Source : http://fr.reuters.com

Pour une définition légale de la rémunération supplémentaire de l’inventeur salarié.


A propos d’une invention issue du travail d’un salarié et réalisée par celui-ci dans le cadre de ses fonctions, l’article L.611-7 du Code de la propriété intellectuelle dispose que l’employeur, bien que titulaire ab initio des droits sur l’invention, doit néanmoins verser une « rémunération supplémentaire » à son salarié.

La loi n°2015-990 du 6 août 2015 a légèrement modifié cet article en instituant une obligation d’information du salarié par l’employeur quant au dépôt d’une demande de titre de propriété industrielle.

Mais cette loi ne règle en rien la question la plus épineuse qui reste l’évaluation de cette rémunération supplémentaire.

Depuis une dizaine d’année, cette notion de rémunération supplémentaire revient au centre du débat. La jurisprudence a d’abord estimé qu’elle était obligatoire dans la mesure où le législateur avait modifié l’article L 611-7, rédigé désormais de manière impérative : « le salarié (…) bénéficie d’une rémunération supplémentaire ». C’est en ce sens que s’est prononcée la Cour de cassation, le 22 février 2005. Après avoir rappelé le caractère obligatoire de la rémunération due au salarié pour une invention de mission, la Cour a considéré que son attribution ne pouvait en conséquence être subordonnée, par une convention collective, à des conditions particulières telles que l’intérêt exceptionnel de l’invention pour l’entreprise (Cass.

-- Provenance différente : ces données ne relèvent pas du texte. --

-- ===== src/Vfs/Create/Search.antt =====
-- A search in a directory after a node has been made in it.
use pastoral.Base.{
  ℕ, ◌<◌, ◌≡◌, ◌≢◌, ◌⊎◌, refl, sym, ap, ◌∙◌, true, false, Option, none, some, List, [], ◌∷◌, ◌++◌,
  length, get_elem?, set, if◌then◌else◌, ◌>>=◌, arith, Bool-cases, Option-cases, inl, inr,
  get_elem?-append_length, get_elem?-set_self, get_elem?-set_ne, lt_of_get_elem?, length-append,
  subst, >>=-eq-some,
}
use native.Mathlib.Decide.{ℕ_discrete}
use pastoral.Fd.{Stat, is_kind, s_ifdir}
use pastoral.Vfs.{
  Vfs, VfsNode, stat_of, same_name, find_child, search_in, vfs_search_relative, dot, dot_dot,
}
use pastoral.Vfs.Create.{vfs_create_node, add_child, add_dots, push_node, bare_node}
use pastoral.Vfs.Create.Found.{
  Keeps, Keeps-trans, Keeps-push_node, add_child-Keeps, add_dots-Keeps, find_child-Keeps,
  find_child-found, find_child-last,
}

-- `v'` is `v` with node `length v.nodes` of the name, which is the last child of directory `p`.
record Made (p : ℕ) (pn : VfsNode) (name : List ℕ) (asset : ℕ) (v v' : Vfs) : Type 0 where
  keeps : Keeps 0 v v'
  directory :
      get_elem? v'.nodes p ≡ some (record pn { children = pn.children ++ length v.nodes ∷ [] })
  others : (q : ℕ) → q < length v.nodes → q ≢ p → get_elem? v'.nodes q ≡ get_elem? v.nodes q
  new :
      (x : VfsNode) × (get_elem? v'.nodes (length v.nodes) ≡ some x)
      × (x.name ≡ name)
      × (x.asset ≡ asset)

module _ (p asset : ℕ) (filesystem : Option ℕ) (name : List ℕ) (v : Vfs) (pn : VfsNode) (st : Stat)
    (at : get_elem? v.nodes p ≡ some pn) (owned : get_elem? v.assets asset ≡ some st) where
  abbrev n : ℕ
  n = length v.nodes

  abbrev v₁ : Vfs
  v₁ = push_node (bare_node name asset filesystem (some p)) v

  abbrev pn' : VfsNode
  pn' = record pn { children = pn.children ++ n ∷ [] }

  abbrev v₂ : Vfs
  v₂ = record v₁ { nodes = set v₁.nodes p pn' }

  first : Keeps n v v₁
  first = Keeps-push_node n (bare_node name asset filesystem (some p)) v (omega arith)

  below : p < n
  below = lt_of_get_elem? v.nodes p at

  pushed : get_elem? v₁.nodes p ≡ some pn
  pushed = first.nodes p below ∙ at

  added : add_child p n v₁ ≡ some v₂
  unfolding add_child
  added = rw pushed refl

  second : Keeps p v₁ v₂
  second =
      let (v', e, k) = add_child-Keeps p p n v₁ (omega arith) (omega (arith, below, first.more)) in
      let same : v' ≡ v₂ = ground (arith, sym e ∙ added) in subst (Keeps p v₁) same k

  -- The entries of a directory, or nothing.
  third :
      (v' : Vfs) × ((if is_kind s_ifdir st then add_dots filesystem n v₂ else some v₂) ≡ some v')
      × Keeps n v₂ v'
  third = elim (Bool-cases (is_kind s_ifdir st)) [
    | inl dir ↦
        let (v', e, k) = add_dots-Keeps filesystem n v₂ (
          omega (
            arith,
            second.more,
            length-append v.nodes (bare_node name asset filesystem (some p) ∷ []),
          )) in
        (v', rw dir e, k)
    | inr file ↦ (
      v₂,
      rw file refl,
      record {
        nodes = λ i lt. refl;
        assets = λ a e. e;
        root = refl;
        more = omega arith;
        alike = λ i x e. (x, e, record { name = refl; asset = refl; parent = refl });
      },
    )
  ]

  vfs_create_node-Made :
      (v' : Vfs) × (vfs_create_node (some p) asset filesystem name false v ≡ some (n, v'))
      × Made p pn name asset v v'
  unfolding vfs_create_node
  vfs_create_node-Made =
      let (v', e, k) = third in
      let low : (a : ℕ) (u w : Vfs) → Keeps a u w → Keeps 0 u w = λ a u w h. record {
        nodes = λ i lt. absurd (omega arith);
        assets = h.assets;
        root = h.root;
        more = h.more;
        alike = h.alike;
      } in
      let all : Keeps 0 v v' =
        Keeps-trans 0 v v₁ v' (low n v v₁ first)
          (Keeps-trans 0 v₁ v₂ v' (low p v₁ v₂ second) (low n v₂ v' k)) in
      let fresh : get_elem? v₁.nodes n ≡ some (bare_node name asset filesystem (some p)) =
        get_elem?-append_length v.nodes (bare_node name asset filesystem (some p)) n refl in
      let (x, e₂, s₂) = second.alike n (bare_node name asset filesystem (some p)) fresh in
      let (y, e₃, s₃) = k.alike n x e₂ in
      (
        v',
        rw (added, owned, e) refl,
        record {
          keeps = all;
          directory =
              k.nodes p below
              ∙ get_elem?-set_self v₁.nodes p pn' (lt_of_get_elem? v₁.nodes p pushed);
          others = λ q lt ne.
              k.nodes q lt
              ∙ get_elem?-set_ne v₁.nodes p q pn' (λ same. ne (sym same))
              ∙ first.nodes q lt;
          new = (y, e₃, s₃.name ∙ s₂.name, s₃.asset ∙ s₂.asset);
        },
      )

-- A search without links in a directory whose children are found as before.
module _ (fuel : ℕ) (v v' : Vfs) (k : Keeps 0 v v') (q : ℕ) (m : List ℕ) (x y : VfsNode)
    (at : get_elem? v.nodes q ≡ some x) (at' : get_elem? v'.nodes q ≡ some y)
    (up : y.parent ≡ x.parent) where
  search-hit :
      (i : ℕ)
      → same_name m dot ≡ false
      → same_name m dot_dot ≡ false
      → find_child v m x.children ≡ some (some i)
      → find_child v' m y.children ≡ some (some i)
      → (r : Option ℕ) → vfs_search_relative fuel v q m false ≡ some r
      → vfs_search_relative fuel v' q m false ≡ some r
  unfolding vfs_search_relative search_in
  search-hit i no_dot no_dots hit hit' r e =
      let inner : (do z ← get_elem? v.nodes i; stat ← stat_of v z; some (some i)) ≡ some r =
        rw (at, no_dot, no_dots, hit) at e in
      let (z, here, rest) =
        >>=-eq-some (get_elem? v.nodes i) (λ z. stat_of v z >>= λ stat. some (some i)) inner in
      let (stat, owned, end) = >>=-eq-some (stat_of v z) (λ stat. some (some i)) rest in
      let (z', here', s) = k.alike i z here in
      let owned' : get_elem? v'.assets z'.asset ≡ some stat =
        ap (λ (a : ℕ). get_elem? v'.assets a) s.asset ∙ k.assets z.asset owned in
      rw (at', no_dot, no_dots, hit', here', owned') end

  search-kept :
      ((f : Option ℕ) → find_child v m x.children ≡ some f → find_child v' m y.children ≡ some f)
      → (r : Option ℕ) → vfs_search_relative fuel v q m false ≡ some r
      → vfs_search_relative fuel v' q m false ≡ some r
  unfolding vfs_search_relative search_in
  search-kept same r e = elim (Bool-cases (same_name m dot)) [
    | inl is_dot ↦ rw (at', is_dot) (rw (at, is_dot) at e)
    | inr no_dot ↦ elim (Bool-cases (same_name m dot_dot)) [
      | inl is_dots ↦ rw (at', no_dot, is_dots, up) (rw (at, no_dot, is_dots) at e)
      | inr no_dots ↦ elim (Option-cases (find_child v m x.children)) [
        | inl fault ↦ absurd (ground (arith, rw (at, no_dot, no_dots, fault) at e))
        | inr (none, miss) ↦
            rw (at', no_dot, no_dots, same none miss) (rw (at, no_dot, no_dots, miss) at e)
        | inr (some i, hit) ↦ search-hit i no_dot no_dots hit (same (some i) hit) r e
      ]
    ]
  ]

search-valid :
    (fuel : ℕ) (v : Vfs) (q : ℕ) (m : List ℕ) (r : Option ℕ)
    → vfs_search_relative fuel v q m false ≡ some r
    → (x : VfsNode) × (get_elem? v.nodes q ≡ some x)
unfolding vfs_search_relative search_in
search-valid fuel v q m r e = elim (Option-cases (get_elem? v.nodes q)) [
  | inl fault ↦ absurd (ground (arith, rw fault at e))
  | inr (x, at) ↦ (x, at)
]

module _ (fuel p asset : ℕ) (name : List ℕ) (v v' : Vfs) (pn : VfsNode) (st : Stat)
    (at : get_elem? v.nodes p ≡ some pn) (made : Made p pn name asset v v') where
  search-Made :
      get_elem? v.assets asset ≡ some st
      → same_name name dot ≡ false
      → same_name name dot_dot ≡ false
      → same_name name name ≡ true
      → find_child v name pn.children ≡ some none
      → vfs_search_relative fuel v' p name false ≡ some (some (length v.nodes))
  unfolding vfs_search_relative search_in
  search-Made owned no_dot no_dots self free =
      let (new, here, named, with_asset) = made.new in
      let last : find_child v' name (pn.children ++ length v.nodes ∷ [])
          ≡ some (some (length v.nodes)) =
        find_child-last v v' 0 made.keeps name (length v.nodes) new here pn.children free
        ∙ rw (named, self) refl in
      let stat : get_elem? v'.assets new.asset ≡ some st =
        ap (λ (a : ℕ). get_elem? v'.assets a) with_asset ∙ made.keeps.assets asset owned in
      rw (made.directory, no_dot, no_dots, last, here, stat) refl

  search-Made_same :
      (m : List ℕ) (r : Option ℕ)
      → same_name name m ≡ false
      → vfs_search_relative fuel v p m false ≡ some r
      → vfs_search_relative fuel v' p m false ≡ some r
  search-Made_same m r differs e =
      let (new, here, named, with_asset) = made.new in
      search-kept fuel v v' made.keeps p m pn
        (record pn { children = pn.children ++ length v.nodes ∷ [] }) at made.directory refl
        (λ f g. elim (Option-cases f) [
          | inl miss ↦
              find_child-last v v' 0 made.keeps m (length v.nodes) new here pn.children
                (g ∙ ap some miss)
              ∙ rw (named, differs, miss) refl
          | inr (i, hit) ↦
              find_child-found v v' 0 made.keeps m (length v.nodes) new here pn.children i
                (g ∙ ap some hit)
              ∙ ap some (sym hit)
        ])
        r e

  search-Made_other :
      (q : ℕ) (m : List ℕ) (r : Option ℕ)
      → q ≢ p
      → vfs_search_relative fuel v q m false ≡ some r
      → vfs_search_relative fuel v' q m false ≡ some r
  search-Made_other q m r ne e =
      let (x, here) = search-valid fuel v q m r e in
      search-kept fuel v v' made.keeps q m x x here
        (made.others q (lt_of_get_elem? v.nodes q here) ne ∙ here) refl
        (λ f g. find_child-Keeps v v' 0 made.keeps m x.children f g) r e

-- `vfs_create_node` of a name in a directory that has no such entry returns a new node. Searched for
-- without following links, the name then leads to this node; every search in that directory for another
-- name, and every search in another directory, that returned before returns what it did.
pub vfs_create_node-search :
    (fuel p asset : ℕ) (filesystem : Option ℕ) (name : List ℕ) (v : Vfs) (pn : VfsNode) (st : Stat)
    → get_elem? v.nodes p ≡ some pn
    → get_elem? v.assets asset ≡ some st
    → same_name name dot ≡ false
    → same_name name dot_dot ≡ false
    → same_name name name ≡ true
    → find_child v name pn.children ≡ some none
    → (v' : Vfs) × (vfs_create_node (some p) asset filesystem name false v
        ≡ some (length v.nodes, v'))
      × (vfs_search_relative fuel v' p name false ≡ some (some (length v.nodes)))
      × ((q : ℕ) (m : List ℕ) (r : Option ℕ)
          → (q ≢ p) ⊎ (same_name name m ≡ false)
          → vfs_search_relative fuel v q m false ≡ some r
          → vfs_search_relative fuel v' q m false ≡ some r)
vfs_create_node-search fuel p asset filesystem name v pn st at owned no_dot no_dots self free =
    let (v', e, made) = vfs_create_node-Made p asset filesystem name v pn st at owned in
    (
      v',
      e,
      search-Made fuel p asset name v v' pn st at made owned no_dot no_dots self free,
      λ q m r apart ok. elim apart [
        | inl ne ↦ search-Made_other fuel p asset name v v' pn st at made q m r ne ok
        | inr differs ↦ elim (ℕ_discrete q p) [
          | no ne ↦ search-Made_other fuel p asset name v v' pn st at made q m r ne ok
          | yes same ↦
              subst (λ (z : ℕ). vfs_search_relative fuel v' z m false ≡ some r) (sym same)
                (search-Made_same fuel p asset name v v' pn st at made m r differs
                  (subst (λ (z : ℕ). vfs_search_relative fuel v z m false ≡ some r) same ok))
        ]
      ],
    )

Com., 22 février 2005, RG n° 03-11027).

Depuis, la jurisprudence s’est évertuée à trouver des pistes afin de pallier l’absence de critères d’évaluation clairs pour définir ce que représente finalement la rémunération supplémentaire de l’inventeur salarié.

Encore en 2010, le débat était indirectement relancé par la proposition de loi du sénateur Richard Yung visant à réformer le régime des inventions de salariés et à faire disparaître la notion de rémunération supplémentaire au profit du concept de « juste prix ».

Par ailleurs, un arrêt du 21 septembre 2011 a rappelé que le fait générateur de la rémunération supplémentaire n’était pas la demande de brevet sur l’invention ou son obtention, mais l’acte de création de la part de l’inventeur salarié. On connaît donc désormais le moment… mais pas le montant.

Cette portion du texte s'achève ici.